START DATA EXTRACT
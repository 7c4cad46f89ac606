-- ===== src/Cron.antt =====
-- packages/plugin-schedule/src/cron.ts: a cron expression as it is parsed, over code points.
pub mod Bounds
pub mod Calendar
pub mod Tick
pub mod Fires
pub mod First
pub mod Interval
mod Tests
pub mod Term
use Prim.Native.Char.{code}
use wilanis_js.Common.{
  ℕ, zero, suc, ◌+◌, ◌-◌, ◌*◌, String, Bool, true, false, not, ◌&&◌, ◌||◌, Option, none, some, List,
  [], ◌∷◌, ◌++◌,
}
use wilanis_js.Common.{if◌then◌else◌, leb, ltb, nat_eq, every, some_of, length, map}
use wilanis_js.Types.Refs.{codes}
pub use wilanis_js.Cron.Term.{
  Cron, Field, Parsed, Refusal, Spec, Text, day_field, day_spec, hour_field, hour_spec, lower,
  minute_field, minute_spec, month_spec, no_step, number_from, one_value, out_of_range, parsed,
  refused, runs_backwards, same_text, split_at, star, step_of, weekday_field, weekday_spec,
}
unfoldable pub use wilanis_js.Cron.Term.{
  bounds_of, index_of_name, is_number, month_shift, number_of, range_of,
}
use wilanis_js.Cron.Term.{FieldName, empty_field, field_count}

abbrev pub has_value : List ℕ → ℕ → Bool
has_value values n = some_of (λ v. nat_eq v n) values

unfoldable pub add_value : ℕ → List ℕ → List ℕ
add_value n values = if has_value values n then values else values ++ n ∷ []

-- The loop of `addTerm`, in so many rounds at most.
unfoldable pub stepped : ℕ → ℕ → ℕ → ℕ → List ℕ → List ℕ
unfolding add_value
stepped zero value high step into = into
stepped (suc rounds) value high step into =
    let rest = stepped rounds (value + step) high step (add_value value into) in
    if leb value high then rest else into

abbrev add_bounds : ℕ → Parsed (ℕ × ℕ) → List ℕ → Parsed (List ℕ)
add_bounds step (refused why) into = refused why
add_bounds step (parsed (low, high)) into = parsed (stepped (suc (high - low)) low high step into)

abbrev add_stepped : Spec → Parsed (Text × ℕ) → List ℕ → Parsed (List ℕ)
add_stepped spec (refused why) into = refused why
add_stepped spec (parsed (term, step)) into = add_bounds step (bounds_of term spec) into

-- `addTerm`
unfoldable pub add_term : Text → Spec → List ℕ → Parsed (List ℕ)
unfolding step_of bounds_of stepped
add_term term spec into = add_stepped spec (step_of term spec) into

-- `split`, on one code point.
unfoldable pub split_on : ℕ → Text → List Text
split_on mark [] = [] ∷ []
split_on mark (c ∷ rest) = elim (split_on mark rest) [
  | [] ↦ []
  | word ∷ words ↦ if nat_eq c mark then [] ∷ word ∷ words else (c ∷ word) ∷ words
]

unfoldable pub add_terms : List Text → Spec → Parsed (List ℕ) → Parsed (List ℕ)
unfolding add_term
add_terms [] spec into = into
add_terms (term ∷ rest) spec (refused why) = refused why
add_terms (term ∷ rest) spec (parsed into) = add_terms rest spec (add_term term spec into)

-- `values.delete`
unfoldable pub delete_value : ℕ → List ℕ → List ℕ
delete_value n [] = []
delete_value n (v ∷ rest) =
    let later = delete_value n rest in if nat_eq v n then later else v ∷ later

-- Seven is Sunday, as zero is.
unfoldable pub sunday : FieldName → List ℕ → List ℕ
unfolding delete_value add_value
sunday weekday_field values =
    if has_value values 7 then add_value 0 (delete_value 7 values) else values
sunday name values = values

-- `*`, or a step over the whole range.
unfoldable pub is_every : Text → Bool
unfolding is_number
is_every (a ∷ b ∷ rest) = nat_eq a b'*' && nat_eq b b'/' && is_number rest
is_every text = star text

abbrev field_with : Text → Spec → Parsed (List ℕ) → Parsed Field
field_with text spec (refused why) = refused why
field_with text spec (parsed values) =
    parsed (record { values = sunday spec.name values; every_value = is_every text })

-- `parseField`
unfoldable pub parse_field : Text → Spec → Parsed Field
unfolding split_on add_terms sunday is_every
parse_field [] spec = refused (empty_field spec.name)
parse_field (c ∷ text) spec =
    field_with (c ∷ text) spec (add_terms (split_on b',' (c ∷ text)) spec (parsed []))

-- `\s`
abbrev is_space : ℕ → Bool
is_space c =
    (leb 9 c && leb c 13)
    || nat_eq c 32
    || nat_eq c 160
    || nat_eq c 5760
    || (leb 8192 c && leb c 8202)
    || nat_eq c 8232
    || nat_eq c 8233
    || nat_eq c 8239
    || nat_eq c 8287
    || nat_eq c 12288
    || nat_eq c 65279

-- The words of a text, between its spaces.
unfoldable pub words_of : Text → List Text
words_of [] = [] ∷ []
words_of (c ∷ rest) = elim (words_of rest) [
  | [] ↦ []
  | word ∷ words ↦ if is_space c then [] ∷ word ∷ words else (c ∷ word) ∷ words
]

-- `filter(Boolean)`
unfoldable pub filled : List Text → List Text
filled [] = []
filled ([] ∷ rest) = filled rest
filled ((c ∷ word) ∷ rest) = (c ∷ word) ∷ filled rest

abbrev and_field : {A : Type 0} → Parsed Field → (Field → Parsed A) → Parsed A
and_field (refused why) next = refused why
and_field (parsed field) next = next field

unfoldable pub parse_fields : List Text → Parsed Cron
unfolding parse_field
parse_fields (minute ∷ hour ∷ day ∷ month ∷ weekday ∷ []) =
    and_field (parse_field minute minute_spec) (λ m. and_field (parse_field hour hour_spec) (λ h.
      and_field (parse_field day day_spec) (λ d. and_field (parse_field month month_spec) (λ n.
        and_field (parse_field weekday weekday_spec)
          (λ w. parsed (record { minute = m; hour = h; day = d; month = n; weekday = w }))))))
parse_fields fields = refused (field_count (length fields))

-- `parseCron`
unfoldable pub parse_cron : String → Parsed Cron
unfolding words_of filled parse_fields
parse_cron text = parse_fields (filled (words_of (codes text)))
END DATA EXTRACT
* **REQUIRED WORK**
Print, without alteration, only the lines above between the one holding "sunday weekday_field values" and the one holding "nat_eq c 8233", inclusive.

* **WRITTEN SOLUTION**
sunday weekday_field values =
    if has_value values 7 then add_value 0 (delete_value 7 values) else values
sunday name values = values

-- `*`, or a step over the whole range.
unfoldable pub is_every : Text → Bool
unfolding is_number
is_every (a ∷ b ∷ rest) = nat_eq a b'*' && nat_eq b b'/' && is_number rest
is_every text = star text

abbrev field_with : Text → Spec → Parsed (List ℕ) → Parsed Field
field_with text spec (refused why) = refused why
field_with text spec (parsed values) =
    parsed (record { values = sunday spec.name values; every_value = is_every text })

-- `parseField`
unfoldable pub parse_field : Text → Spec → Parsed Field
unfolding split_on add_terms sunday is_every
parse_field [] spec = refused (empty_field spec.name)
parse_field (c ∷ text) spec =
    field_with (c ∷ text) spec (add_terms (split_on b',' (c ∷ text)) spec (parsed []))

-- `\s`
abbrev is_space : ℕ → Bool
is_space c =
    (leb 9 c && leb c 13)
    || nat_eq c 32
    || nat_eq c 160
    || nat_eq c 5760
    || (leb 8192 c && leb c 8202)
    || nat_eq c 8232
    || nat_eq c 8233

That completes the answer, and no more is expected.